If you are building a properly diversified stock portfolio, the chances are some of your picks will perform badly. Long term TherapeuticsMD, Inc. (NASDAQ:TXMD) shareholders know that all too well, since the share price is down considerably over three years. Sadly for them, the share price is down 63% in that time. And the ride hasn't got any smoother in recent times over the last year, with the price 46% lower in that time. On top of that, the share price has dropped a further 28% in a month. Importantly, this could be a market reaction to the recently released financial results. You can check out the latest numbers in our company report.
Given that TherapeuticsMD didn't make a profit in the last twelve months, we'll focus on revenue growth to form a quick view of its business development. Generally speaking, companies without profits are expected to grow revenue every year, and at a good clip. That's because it's hard to be confident a company will be sustainable if revenue growth is negligible, and it never makes a profit.
Over three years, TherapeuticsMD grew revenue at 10.0% per year. That's a pretty good rate of top-line growth.
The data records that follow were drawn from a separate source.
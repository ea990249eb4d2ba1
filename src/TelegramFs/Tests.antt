-- ===== src/TelegramFs/Tests.antt =====
-- The theorems of the bus and of the chats at concrete states.
use doomsday_kernel_modules.Base.{
  c_text, Lacks, ℕ, ◌≡◌, refl, true, false, List, [], ◌∷◌, ◌++◌, arith, take, replicate, get_or,
}
use doomsday_kernel_modules.TelegramFs.Sample.{sample_kernel}
use doomsday_kernel_modules.TelegramFs.Bus.{
  Bus, BusMessage, no_message, done, error, einval, outgoing, bus_enqueue_outgoing, bus_read,
}
use doomsday_kernel_modules.TelegramFs.Bus.Ring.{IsBus, pending}
use doomsday_kernel_modules.TelegramFs.Bus.Order.{
  offer, retrieve, bus_enqueue_outgoing-pending, bus_read-pending,
}
use doomsday_kernel_modules.TelegramFs.Bus.{woken}
use doomsday_kernel_modules.TelegramFs.Bus.Waits.{bus_read_woken}
use doomsday_kernel_modules.TelegramFs.Module.{loaded_state}
use doomsday_kernel_modules.TelegramFs.System.Delivery.{
  texts, all_sent, all_received, after_calls-all_sent,
}
use doomsday_kernel_modules.TelegramFs.System.{
  SystemCall, IsTelegram, chat_writes, bus_writes, bus_reads, after_calls, after_calls-IsTelegram,
}
use doomsday_kernel_modules.TelegramFs.Chat.{
  Chat, Telegram, no_chat, user_text, Command, incoming, chat_write, run_command, bus_write,
}
use doomsday_kernel_modules.TelegramFs.Chat.Text.{IsChat, content}
use doomsday_kernel_modules.TelegramFs.Chat.Stream.{
  Reader, IsReader, Event, appended, read, after, after-IsReader,
}
use doomsday_kernel_modules.TelegramFs.Chat.Commands.{print_command, bus_write_print}
use doomsday_kernel_modules.TelegramFs.Chat.Writes.{chat_write_done}

abbrev hello : List ℕ
hello = b'h' ∷ b'e' ∷ b'l' ∷ b'l' ∷ b'o' ∷ []

abbrev bob : List ℕ
bob = b'b' ∷ b'o' ∷ b'b' ∷ []

abbrev first_message : BusMessage
first_message = record { payload = hello; len = 5 }

-- One message waits in the last slot, so the next one goes to the first.
abbrev one_waits : Bus
one_waits = record {
  queue = replicate 31 no_message ++ (first_message ∷ []);
  count = 1;
  head = 31;
  tail = 0;
}

one_waits-IsBus : IsBus one_waits
one_waits-IsBus = record {
  slots = refl;
  head_in = omega arith;
  count_in = omega arith;
  tail_eq = refl;
}

bus_enqueue_outgoing-pending_example :
    IsBus (bus_enqueue_outgoing sample_kernel one_waits 3 bob 3).0
    × (pending (bus_enqueue_outgoing sample_kernel one_waits 3 bob 3).0
        ≡ offer (pending one_waits) (outgoing sample_kernel 3 bob 3))
    × ((bus_enqueue_outgoing sample_kernel one_waits 3 bob 3).1 ≡ true)
bus_enqueue_outgoing-pending_example =
    bus_enqueue_outgoing-pending sample_kernel one_waits 3 bob 3 one_waits-IsBus

bus_read-pending_example :
    IsBus (bus_read one_waits true 100 true []).1
    × (((bus_read one_waits true 100 true []).0, pending (bus_read one_waits true 100 true []).1)
        ≡ retrieve (pending one_waits) 100 true)
bus_read-pending_example = bus_read-pending one_waits 100 true one_waits-IsBus

-- The message that was read is the one that waits.
bus_read_test : (bus_read one_waits true 100 true []).0 ≡ done hello
unfolding bus_read
bus_read_test = refl

abbrev short_chat : Chat
short_chat = record { buffer = hello ++ replicate 4091 0; buf_len = 5; chat_id = [] }

short_chat-IsChat : IsChat short_chat
short_chat-IsChat = record { bytes = refl; fits = omega arith }

abbrev full_chat : Chat
full_chat = record { buffer = replicate 4095 b'x' ++ (0 ∷ []); buf_len = 4095; chat_id = [] }

full_chat-IsChat : IsChat full_chat
full_chat-IsChat = record { bytes = refl; fits = omega arith }

abbrev state : Telegram
state = record {
  chats = replicate 3 short_chat ++ (full_chat ∷ replicate 6 short_chat);
  tg_bus = one_waits;
}

abbrev opened : Reader
opened = record { chat = short_chat; ppos = 0; seen = [] }

opened-IsReader : IsReader opened
opened-IsReader = record { chat_ok = short_chat-IsChat; inside = omega arith; seen_eq = refl }

abbrev events : List Event
events = read 3 true ∷ (appended bob ∷ (read 100 false ∷ (read 100 true ∷ [])))

after_example : IsReader (after sample_kernel opened events)
after_example = after-IsReader sample_kernel events opened opened-IsReader

abbrev from_bob : Command
from_bob = incoming 2 bob hello

from_bob_text : Lacks 0 (print_command from_bob)
from_bob_text = (
  omega arith,
  (
    omega arith,
    (
      omega arith,
      (
        omega arith,
        (
          omega arith,
          (
            omega arith,
            (
              omega arith,
              (
                omega arith,
                (
                  omega arith,
                  (omega arith, (omega arith, (omega arith, (omega arith, (omega arith, tt))))),
                ),
              ),
            ),
          ),
        ),
      ),
    ),
  ),
)

bus_write_example :
    bus_write sample_kernel state (print_command from_bob) true
    ≡ (done 14, run_command sample_kernel state from_bob)
bus_write_example =
    bus_write_print sample_kernel state from_bob
      (omega arith, (omega arith, (omega arith, (omega arith, tt)))) from_bob_text (omega arith)

bad_command : (bus_write sample_kernel state hello true).0 ≡ error einval
unfolding bus_write c_text
bad_command = refl

chat_write_example :
    ((chat_write sample_kernel state 2 hello true).0 ≡ done 5)
    × (content (get_or (chat_write sample_kernel state 2 hello true).1.chats 2 no_chat)
        ≡ content short_chat ++ take 4090 (user_text sample_kernel hello))
    × (get_or (chat_write sample_kernel state 2 hello true).1.chats 4 no_chat ≡ short_chat)
    × (pending (chat_write sample_kernel state 2 hello true).1.tg_bus
        ≡ offer (pending one_waits) (outgoing sample_kernel 2 hello 5))
chat_write_example =
    chat_write_done sample_kernel state 2 4 hello (omega arith) (omega arith) (omega arith)
      short_chat-IsChat one_waits-IsBus

abbrev empty_bus : Bus
empty_bus = record { queue = replicate 32 no_message; count = 0; head = 31; tail = 31 }

-- Woken twice in vain.
bus_read_woken_example :
    IsBus
      (bus_read empty_bus false 100 true
        (woken empty_bus ∷ woken empty_bus ∷ woken one_waits ∷ [])).1
    × ((
      (bus_read empty_bus false 100 true
          (woken empty_bus ∷ woken empty_bus ∷ woken one_waits ∷ [])).0,
      pending
          (bus_read empty_bus false 100 true
            (woken empty_bus ∷ woken empty_bus ∷ woken one_waits ∷ [])).1,
    )
        ≡ retrieve (pending one_waits) 100 true)
bus_read_woken_example =
    bus_read_woken (empty_bus ∷ empty_bus ∷ []) empty_bus one_waits 100 true [] refl
      (refl, (refl, tt)) (omega arith) one_waits-IsBus

after_calls_example : IsTelegram (
    after_calls sample_kernel loaded_state (
      chat_writes 2 hello true
      ∷ bus_writes (print_command from_bob) true
      ∷ bus_reads 100 true
      ∷ []))
after_calls_example =
    after_calls-IsTelegram sample_kernel (
      chat_writes 2 hello true ∷ bus_writes (print_command from_bob) true ∷ bus_reads 100 true ∷ [])

abbrev two_messages : List SystemCall
two_messages =
    chat_writes 2 hello true ∷ chat_writes 3 hello true ∷ bus_reads 100 true ∷ bus_reads 3 true ∷ []

delivery_example :
    all_received sample_kernel loaded_state two_messages
      ++ texts (pending (after_calls sample_kernel loaded_state two_messages).tg_bus)
    ≡ all_sent sample_kernel loaded_state two_messages
delivery_example = after_calls-all_sent sample_kernel two_messages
So some shareholders would be frustrated with the compound loss of 28% per year. The market must have had really high expectations to be disappointed with this progress. So this is one stock that might be worth investigating further, or even adding to your watchlist.
The company's revenue and earnings (over time) are depicted in the image below (click to see the exact numbers).
It's good to see that there was some significant insider buying in the last three months. That's a positive. On the other hand, we think the revenue and earnings trends are much more meaningful measures of the business. You can see what analysts are predicting for TherapeuticsMD in this interactive graph of future profit estimates.
A Different Perspective
TherapeuticsMD shareholders are down 46% for the year, but the market itself is up 19%. However, keep in mind that even the best stocks will sometimes underperform the market over a twelve month period. Regrettably, last year's performance caps off a bad run, with the shareholders facing a total loss of 7.1% per year over five years. We realise that Buffett has said investors should 'buy when there is blood on the streets', but we caution that investors should first be sure they are buying a high quality businesses. If you want to research this stock further, the data on insider buying is an obvious place to start. You can click here to see who has been buying shares - and the price they paid.
There are plenty of other companies that have insiders buying up shares. You probably do not want to miss this free list of growing companies that insiders are buying.
Please note, the market returns quoted in this article reflect the market weighted average returns of stocks that currently trade on US exchanges.
If you spot an error that warrants correction, please contact the editor at firstname.lastname@example.org. This article by Simply Wall St is general in nature. It does not constitute a recommendation to buy or sell any stock, and does not take account of your objectives, or your financial situation. Simply Wall St has no position in the stocks mentioned.